Ангелофилия - стр. 6
А за углами уже кое-кто лежит и сидит, подпирая стены, деревья, штакетник. Пьяный пролетариат, угрюмо блюет. Он сегодня имеет право! Он заслужил этот умательник, потому что устал от своей бесконечной диктатуры и липового господства. Правда, он еще об этом не знает, но начал догадываться. Да и кто ему скажет? А кое-кого уже шмонает местное жулье, но они не чувствуют потому что в алкогольной коме.
И в ответ только мычат, и пускают слюни. Беспомощно хлопают глазами, не понимая, что пройдет нескольких минут, и с них снимут все ценное.
Заплутавшую одинокую пьяную женщину заведут темными коридорами в блат-хату, что на втором этаже соседнего дома, там еще напоят бормотушкой, потом поимеют хором, а затем в бесчувственном состоянии отнесут за сараи, где вечером по их же наводке заберут менты. А что? Она ж ничего не помнит. А озабоченных уродов в округе хватает. А мы хоть и салаги но все обо всем знаем как никто другой.
Мы, местные, соревнуемся, кто больше выпросит шариков, флагов, значков и красных ленточек. На настойчивые просьбы откликается меньшинство. Большинство же жмет. Таким, стекляшку вдогонку и наутек. Если слышишь «пах», то попал, а если «Ай!», значит мы уже далеко. Нас, как ветер, уже никто не догонит.
На улице видим разное и, еще совсем не сравниваем увиденное с изнанкой или прямой кишкой, а тем более с итальянской клоакой, но что-то в этом есть. Мы счастливы и этому еще ничто не может помешать, и уж тем более ужасы бытия.
До поры, происходящее казалось праздничным и веселым, но почему-то с каждым годом выглядело все мрачнее. Сейчас понимаю, что так происходило из-за того, что много раз видели как парадное, лицо демонстрации, бодро улыбающееся перед трибуной, повернув на улицу, превращалось в мало приятную, субстанцию. Кто то говорил, что после финиша всегда так, особенно если ничего не выиграл.
Мутации происходили почти всегда после прохождения колоннами официальных трибун и если взглянуть в глаза демонстрантов, то заметны следы мысленного ритуального прикосновения к холодному остову, а точнее к чугунным башмакам, памятника и внутренней готовности к жертвоприношению. «Живите так всегда! Мне приятно! – говорил Ильич. – Но не забудьте, я высоко и, далеко и вообще я монстр, который если что, отгрызет вам головы.» Шли быстро, почти как зеки на прогулке, но в отличие от них пока еще улыбались. Мы хозяева! Мы дети Октября! Скоро на Марс! А пока трудимся на благо Родины!
Пролетарии всех стран соединяйтесь! Маршируем, под крики «ура», пси-ходелия, оркестры, делегации, транспаранты, флаги, механизмы, переделанные, в нечто и задрапированные грузовики как танки и автобусы как аэробусы. Режиссура парторгов.
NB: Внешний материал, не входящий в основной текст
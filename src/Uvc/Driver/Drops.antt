-- ===== src/Uvc/Driver/Drops.antt =====
-- The reason that a dropped frame is reported with.
use usbtrace.Common.{
  ℕ, ◌≡◌, inl, inr, refl, sym, ap, ◌∙◌, arith, Bool, true, false, List, [], ◌∷◌, Option, none, some,
  if◌then◌else◌, ◌&&◌, ◌||◌, not, ◌==◌, Bool-cases, Option-cases, ==_iff, is_some,
}
use usbtrace.Common.Word.{u8}
use usbtrace.Records.{drv_drop, drop_short_bit, drop_iso_bit, drop_other_bit}
use usbtrace.Bpf.{KeyMap, NeverFull}
use usbtrace.Uvc.State.{UvcConfig, max_isoc_pkts}
use usbtrace.Uvc.Driver.{
  UvcStreaming, UvcBuffer, UvcQueue, IsoUrb, is_video_buffer, stream_usb, drv_record, sees_loss,
  drops_corrupted, is_short, drop_reason, drop_cause_add, drop_cause_take, on_decode_isoc,
  report_drop, on_queue_complete,
}

-- A call of the decoder's program or of the one at a buffer's completion.
pub data DriverCall : Type 0 where
  decode : Option UvcStreaming → Option IsoUrb → UvcBuffer → DriverCall
  complete : Option UvcQueue → UvcBuffer → ℕ → DriverCall

-- Does a decode mark its buffer: it is a video buffer of a traced device, and a packet was lost?
abbrev pub marks : UvcConfig → Option UvcStreaming → Option IsoUrb → UvcBuffer → Bool
marks cfg none urb b = false
marks cfg (some s) none b = false
marks cfg (some s) (some urb) b =
    is_video_buffer b && (is_some (stream_usb cfg s) && sees_loss urb 0 max_isoc_pkts)

-- Does a completion clear the mark? It does on every kernel that has the field of the queue.
abbrev pub clears : Option UvcQueue → UvcBuffer → Bool
clears none b = true
clears (some queue) b = not (is_video_buffer b) || is_some queue.stream

-- Has a packet of the buffer been lost since its last completion, by the calls so far, newest first?
abbrev pub has_loss : UvcConfig → List DriverCall → ℕ → Bool
has_loss cfg [] k = false
has_loss cfg (decode s urb b ∷ cs) k =
    if marks cfg s urb b && b.address == k then true else has_loss cfg cs k
has_loss cfg (complete queue b now ∷ cs) k =
    if clears queue b && b.address == k then false else has_loss cfg cs k

-- The reason, told by what happened to the frame.
abbrev pub cause : Bool → Bool → ℕ
cause true true = 3
cause true false = drop_iso_bit
cause false true = drop_short_bit
cause false false = drop_other_bit

abbrev pub gathered : Bool → Option ℕ
gathered true = some drop_iso_bit
gathered false = none

module _ (K : KeyMap ℕ) where
  open K use {
    Map, empty, lookup, update, delete, lookup-empty, lookup-update_ne, lookup-delete_self,
    lookup-delete_ne,
  }

  -- The map `drv_drop_cause` after the calls, newest first.
  unfoldable pub causes_after : UvcConfig → List DriverCall → Map
  causes_after cfg [] = empty
  causes_after cfg (decode s urb b ∷ cs) = on_decode_isoc K cfg s urb b (causes_after cfg cs)
  causes_after cfg (complete queue b now ∷ cs) =
      (on_queue_complete K cfg queue b now (causes_after cfg cs)).0

  decode_map :
      (cfg : UvcConfig) (s : Option UvcStreaming) (urb : Option IsoUrb) (b : UvcBuffer) (m : Map)
      → on_decode_isoc K cfg s urb b m
        ≡ (if marks cfg s urb b then drop_cause_add K m b.address drop_iso_bit else m)
  unfolding on_decode_isoc
  decode_map cfg none urb b m = refl
  decode_map cfg (some s) none b m = refl
  decode_map cfg (some s) (some urb) b m = elim (Option-cases (stream_usb cfg s)) [
    | inl e ↦ ground (arith, e)
    | inr (usb, e) ↦ ground (arith, e)
  ]

  complete_map :
      (cfg : UvcConfig) (queue : Option UvcQueue) (b : UvcBuffer) (now : ℕ) (m : Map)
      → (on_queue_complete K cfg queue b now m).0
        ≡ (if clears queue b then (drop_cause_take K m b.address).1 else m)
  unfolding on_queue_complete
  complete_map cfg none b now m = refl
  complete_map cfg (some queue) b now m = elim (Option-cases queue.stream) [
    | inl e ↦ ground (arith, e)
    | inr (s, e) ↦ elim (Option-cases (stream_usb cfg s)) [
      | inl f ↦ ground (arith, e, f)
      | inr (usb, f) ↦ ground (arith, e, f)
    ]
  ]

  updated :
      (m : Map) (a k v : ℕ)
      → NeverFull K
      → lookup (update m a v) k ≡ (if a == k then some v else lookup m k)
  updated m a k v full = elim (Bool-cases (a == k)) [
    | inl e ↦ rw e (sym (ap (lookup (update m a v)) ((==_iff a k).0 e)) ∙ full m a v)
    | inr e ↦ rw e (lookup-update_ne m a v k (ground (arith, e)))
  ]

  deleted : (m : Map) (a k : ℕ) → lookup (delete m a) k ≡ (if a == k then none else lookup m k)
  deleted m a k = elim (Bool-cases (a == k)) [
    | inl e ↦ rw e (sym (ap (lookup (delete m a)) ((==_iff a k).0 e)) ∙ lookup-delete_self m a)
    | inr e ↦ rw e (lookup-delete_ne m a k (ground (arith, e)))
  ]

  absent :
      (m : Map) (a k : ℕ) → lookup m a ≡ none → lookup m k ≡ (if a == k then none else lookup m k)
  absent m a k h = elim (Bool-cases (a == k)) [
    | inl e ↦ rw e (sym (ap (lookup m) ((==_iff a k).0 e)) ∙ h)
    | inr e ↦ rw e refl
  ]

  -- A mark adds a bit to a buffer that has none or the same one.
  added :
      (m : Map) (a k : ℕ) (old : Bool)
      → NeverFull K
      → lookup m a ≡ gathered old
      → lookup (drop_cause_add K m a drop_iso_bit) k
        ≡ (if a == k then some drop_iso_bit else lookup m k)
  unfolding drop_cause_add
  added m a k true full h = rw (drop_cause_add, h) (updated m a k drop_iso_bit full)
  added m a k false full h = rw (drop_cause_add, h) (updated m a k drop_iso_bit full)

  taken :
      (m : Map) (a k : ℕ)
      → lookup (drop_cause_take K m a).1 k ≡ (if a == k then none else lookup m k)
  unfolding drop_cause_take
  taken m a k = elim (Option-cases (lookup m a)) [
    | inl e ↦ rw (drop_cause_take, e) (absent m a k e)
    | inr (v, e) ↦ rw (drop_cause_take, e) (deleted m a k)
  ]

  if_added :
      (b : Bool) (m : Map) (a k : ℕ) (old : Bool) (lost : Bool)
      → NeverFull K
      → lookup m a ≡ gathered old
      → lookup m k ≡ gathered lost
      → lookup (if b then drop_cause_add K m a drop_iso_bit else m) k
        ≡ gathered (if b && a == k then true else lost)
  if_added false m a k old lost full h g = g
  if_added true m a k old lost full h g = added m a k old full h ∙ pick (a == k) (lookup m k) lost g
    where
      pick :
          (c : Bool) (o : Option ℕ) (lost : Bool)
          → o ≡ gathered lost
          → (if c then some drop_iso_bit else o) ≡ gathered (if c then true else lost)
      pick true o lost g = refl
      pick false o lost g = g

  if_taken :
      (b : Bool) (m : Map) (a k : ℕ) (lost : Bool)
      → lookup m k ≡ gathered lost
      → lookup (if b then (drop_cause_take K m a).1 else m) k
        ≡ gathered (if b && a == k then false else lost)
  if_taken false m a k lost g = g
  if_taken true m a k lost g = taken m a k ∙ pick (a == k) (lookup m k) lost g
    where
      pick :
          (c : Bool) (o : Option ℕ) (lost : Bool)
          → o ≡ gathered lost
          → (if c then none else o) ≡ gathered (if c then false else lost)
      pick true o lost g = refl
      pick false o lost g = g

  -- The map holds the losses since the last completion of each buffer.
  lookup-causes_after :
      (cfg : UvcConfig) (cs : List DriverCall) (k : ℕ)
      → NeverFull K
      → lookup (causes_after cfg cs) k ≡ gathered (has_loss cfg cs k)
  unfolding causes_after
  lookup-causes_after cfg [] k full = lookup-empty k
  lookup-causes_after cfg (decode s urb b ∷ cs) k full =
      ap (λ m. lookup m k) (decode_map cfg s urb b (causes_after cfg cs))
      ∙ if_added (marks cfg s urb b) (causes_after cfg cs) b.address k (has_loss cfg cs b.address)
          (has_loss cfg cs k) full (lookup-causes_after cfg cs b.address full)
          (lookup-causes_after cfg cs k full)
  lookup-causes_after cfg (complete queue b now ∷ cs) k full =
      ap (λ m. lookup m k) (complete_map cfg queue b now (causes_after cfg cs))
      ∙ if_taken (clears queue b) (causes_after cfg cs) b.address k (has_loss cfg cs k)
          (lookup-causes_after cfg cs k full)

  take_bits :
      (m : Map) (a : ℕ) (lost short : Bool) (s : UvcStreaming) (b : UvcBuffer)
      → lookup m a ≡ gathered lost
      → is_short s b ≡ short
      → drop_reason s b (drop_cause_take K m a).0 ≡ cause lost short
  unfolding drop_reason drop_cause_take is_short
  take_bits m a true true s b h e = rw (drop_cause_take, h, e) refl
  take_bits m a true false s b h e = rw (drop_cause_take, h, e) refl
  take_bits m a false true s b h e = rw (drop_cause_take, h, e) refl
  take_bits m a false false s b h e = rw (drop_cause_take, h, e) refl

  -- After any decodes and completions of any buffers, with a map that is never full: when the driver
  -- drops a video buffer of a traced device, because its queue drops corrupted frames and the buffer
  -- has an error, one record is put on the buffer. Its reason is a lost packet exactly if a decode
  -- of this buffer saw one since the buffer's last completion, a short frame exactly if the size of
  -- an uncompressed frame is not the stream's, and neither of these exactly if neither happened.
  pub on_queue_complete-cause :
      (cfg : UvcConfig) (cs : List DriverCall) (queue : UvcQueue) (s : UvcStreaming)
      (usb : (ℕ × ℕ) × (ℕ × ℕ)) (b : UvcBuffer) (now : ℕ)
      → NeverFull K
      → is_video_buffer b ≡ true
      → queue.stream ≡ some s
      → stream_usb cfg s ≡ some usb
      → drops_corrupted queue.flags ≡ true
      → (u8 b.error == 0) ≡ false
      → (on_queue_complete K cfg (some queue) b now (causes_after cfg cs)).1
        ≡ some (drv_record drv_drop (cause (has_loss cfg cs b.address) (is_short s b)) usb now)
  unfolding on_queue_complete report_drop
  on_queue_complete-cause cfg cs queue s usb b now full v q u d e =
      rw (on_queue_complete, v, q, u, report_drop, d, e)
        (ap (λ r. some (drv_record drv_drop r usb now))
          (take_bits (causes_after cfg cs) b.address (has_loss cfg cs b.address) (is_short s b) s b
            (lookup-causes_after cfg cs b.address full) refl))
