-- ===== src/Uvc/Driver/Tests.antt =====
-- A camera that loses a packet of a frame, which the driver then drops.
use usbtrace.Common.{◌≡◌, refl, true, false, List, [], ◌∷◌, some, if◌then◌else◌, ◌==◌}
use usbtrace.Common.Int.{pos, negsuc}
use usbtrace.Records.{drv_drop}
use usbtrace.Bpf.{KernelDev, dev_match, roomy_map, set_key_self}
use usbtrace.Uvc.State.{UvcConfig}
use usbtrace.Uvc.Driver.{
  UvcStreaming, UvcBuffer, UvcQueue, IsoUrb, is_video_buffer, stream_usb, drv_record, sees_loss,
  is_short, on_queue_complete,
}
use usbtrace.Uvc.Driver.Drops.{
  DriverCall, decode, complete, cause, has_loss, causes_after, on_queue_complete-cause,
}

abbrev camera : KernelDev
camera = record {
  vid = 0x046d;
  product = 0x082d;
  busnum = 1;
  devnum = 4;
  state = 7;
  speed = 3;
  portnum = 2;
  devpath = [];
}

abbrev any : UvcConfig
any = record { filter_vid = 0; filter_pid = 0; no_frames = false; no_vb2 = false }

abbrev raw_video : UvcStreaming
raw_video = record { dev = some camera; max_frame_size = 614400; format_flags = some 0 }

abbrev buffer : UvcBuffer
buffer = record { address = 0x1000; type = 1; error = 1; bytesused = 614400 }

abbrev queue : UvcQueue
queue = record { flags = 2; stream = some raw_video }

-- The packet 3 is lost.
abbrev lossy : IsoUrb
lossy = record {
  number_of_packets = pos 8;
  desc = λ i.
      some
        (record { offset = 0; actual_length = 100; status = if i == 3 then negsuc 17 else pos 0 });
}

abbrev calls : List DriverCall
calls = decode (some raw_video) (some lossy) buffer ∷ complete (some queue) buffer 5 ∷ []

usb_found : stream_usb any raw_video ≡ some ((0x046d, 0x082d), (1, 4))
unfolding stream_usb dev_match
usb_found = refl

is_video : is_video_buffer buffer ≡ true
unfolding is_video_buffer
is_video = refl

a_lost_packet : cause (has_loss any calls 0x1000) (is_short raw_video buffer) ≡ 2
unfolding is_short is_video_buffer stream_usb dev_match sees_loss
a_lost_packet = refl

on_queue_complete-cause_example :
    (on_queue_complete roomy_map any (some queue) buffer 9 (causes_after roomy_map any calls)).1
    ≡ some (
        drv_record drv_drop
          (cause (has_loss any calls 0x1000) (is_short raw_video buffer))
          ((0x046d, 0x082d), (1, 4))
          9)
on_queue_complete-cause_example =
    on_queue_complete-cause roomy_map any calls queue raw_video ((0x046d, 0x082d), (1, 4)) buffer 9
      set_key_self is_video refl usb_found refl refl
Их звездный час, а что делать дальше они не знают, такую глыбу за железным занавесом удержать все трудней, как выросшее дитя в детской кроватке.
Бессильные и безутешные оборотни, не дожидаясь полуночи и полнолуния – как то безутешно торопливо преображались прямо здесь, у истоков улицы Интернациональной. Видя, это из года в год мы уже ничему не удивлялись. Хотя мастодонтные декорации все еще притягивали внимание, но все слабже. А загадочные силы будили интерес, но все меньше.
Мы спокойно смотрели на них, а они на нас, безошибочно подмечая, что за техника прячется под очередной драпировкой и так же лихо наказывали тех, кто зазевался и оставил мат часть без присмотра. В ту же секунду, оставленное волоклось в закрома и пряталось.